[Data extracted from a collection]
*** Begin section ***
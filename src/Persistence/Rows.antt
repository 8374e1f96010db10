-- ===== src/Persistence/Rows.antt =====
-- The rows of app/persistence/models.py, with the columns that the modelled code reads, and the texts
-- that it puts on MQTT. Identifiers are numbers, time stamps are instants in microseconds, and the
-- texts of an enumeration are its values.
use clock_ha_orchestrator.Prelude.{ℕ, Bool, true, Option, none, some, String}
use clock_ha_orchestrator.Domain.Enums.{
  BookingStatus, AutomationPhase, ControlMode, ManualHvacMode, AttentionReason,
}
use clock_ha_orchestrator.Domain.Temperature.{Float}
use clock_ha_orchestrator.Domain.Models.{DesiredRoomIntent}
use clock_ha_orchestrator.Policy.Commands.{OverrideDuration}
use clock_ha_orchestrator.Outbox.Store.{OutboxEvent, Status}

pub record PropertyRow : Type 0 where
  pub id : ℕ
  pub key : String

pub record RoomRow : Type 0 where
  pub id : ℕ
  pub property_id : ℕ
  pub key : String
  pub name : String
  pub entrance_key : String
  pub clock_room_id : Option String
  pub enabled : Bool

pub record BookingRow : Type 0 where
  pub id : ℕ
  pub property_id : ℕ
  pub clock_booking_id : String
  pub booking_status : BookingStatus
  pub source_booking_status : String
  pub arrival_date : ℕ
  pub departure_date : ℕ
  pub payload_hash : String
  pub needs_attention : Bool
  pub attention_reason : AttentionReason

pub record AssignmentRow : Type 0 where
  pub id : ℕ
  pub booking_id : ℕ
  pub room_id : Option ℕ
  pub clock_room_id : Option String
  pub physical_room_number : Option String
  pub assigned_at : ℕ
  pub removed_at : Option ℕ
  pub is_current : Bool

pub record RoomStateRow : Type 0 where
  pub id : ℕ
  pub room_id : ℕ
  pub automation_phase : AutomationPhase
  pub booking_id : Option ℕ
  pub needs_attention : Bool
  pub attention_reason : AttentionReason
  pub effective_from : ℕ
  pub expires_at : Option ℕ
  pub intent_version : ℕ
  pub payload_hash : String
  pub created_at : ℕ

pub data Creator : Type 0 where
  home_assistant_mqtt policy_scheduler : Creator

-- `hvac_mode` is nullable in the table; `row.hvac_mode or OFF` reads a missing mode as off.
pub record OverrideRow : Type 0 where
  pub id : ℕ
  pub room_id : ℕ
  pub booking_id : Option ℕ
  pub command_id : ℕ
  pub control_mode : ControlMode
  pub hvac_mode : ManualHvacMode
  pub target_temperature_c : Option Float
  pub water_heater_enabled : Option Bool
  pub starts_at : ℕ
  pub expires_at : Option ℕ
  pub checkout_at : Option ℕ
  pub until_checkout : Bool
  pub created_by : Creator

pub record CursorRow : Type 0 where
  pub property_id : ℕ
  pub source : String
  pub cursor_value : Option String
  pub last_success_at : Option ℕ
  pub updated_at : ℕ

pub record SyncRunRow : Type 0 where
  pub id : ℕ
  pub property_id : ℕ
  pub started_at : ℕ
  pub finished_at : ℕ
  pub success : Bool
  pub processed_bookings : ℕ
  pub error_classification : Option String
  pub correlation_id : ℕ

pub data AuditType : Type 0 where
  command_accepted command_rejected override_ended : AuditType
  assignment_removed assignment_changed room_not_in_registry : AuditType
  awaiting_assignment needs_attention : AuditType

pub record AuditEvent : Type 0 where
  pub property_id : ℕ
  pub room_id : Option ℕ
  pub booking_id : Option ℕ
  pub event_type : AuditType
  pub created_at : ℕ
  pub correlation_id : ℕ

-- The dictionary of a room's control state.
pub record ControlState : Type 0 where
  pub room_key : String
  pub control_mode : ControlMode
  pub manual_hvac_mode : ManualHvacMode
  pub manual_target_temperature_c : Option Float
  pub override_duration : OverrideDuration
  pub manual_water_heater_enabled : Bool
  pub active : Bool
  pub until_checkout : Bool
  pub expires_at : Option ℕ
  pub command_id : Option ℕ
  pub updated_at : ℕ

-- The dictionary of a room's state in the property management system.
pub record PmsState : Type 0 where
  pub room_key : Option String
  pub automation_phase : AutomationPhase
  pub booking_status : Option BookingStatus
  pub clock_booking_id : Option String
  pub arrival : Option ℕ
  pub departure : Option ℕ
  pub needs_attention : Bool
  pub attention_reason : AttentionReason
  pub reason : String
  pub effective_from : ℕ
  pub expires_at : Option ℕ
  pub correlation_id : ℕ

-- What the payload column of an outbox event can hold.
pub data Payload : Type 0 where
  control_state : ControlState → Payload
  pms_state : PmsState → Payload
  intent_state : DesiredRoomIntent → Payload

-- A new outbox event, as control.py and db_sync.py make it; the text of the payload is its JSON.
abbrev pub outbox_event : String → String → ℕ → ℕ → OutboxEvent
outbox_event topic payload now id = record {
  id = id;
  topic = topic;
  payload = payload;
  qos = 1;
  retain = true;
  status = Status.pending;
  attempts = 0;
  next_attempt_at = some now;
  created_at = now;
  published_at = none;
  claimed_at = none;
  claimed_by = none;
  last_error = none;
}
*** End section ***
- [What to work on]:
Your reply must contain exactly the lines from the first line of the data through the line holding "-- The rows", and nothing more.

- [Reply to the exercise]:
filename src/Persistence/Rows.antt
repository 8374e1f96010db10
-- ===== src/Persistence/Rows.antt =====
-- The rows of app/persistence/models.py, with the columns that the modelled code reads, and the texts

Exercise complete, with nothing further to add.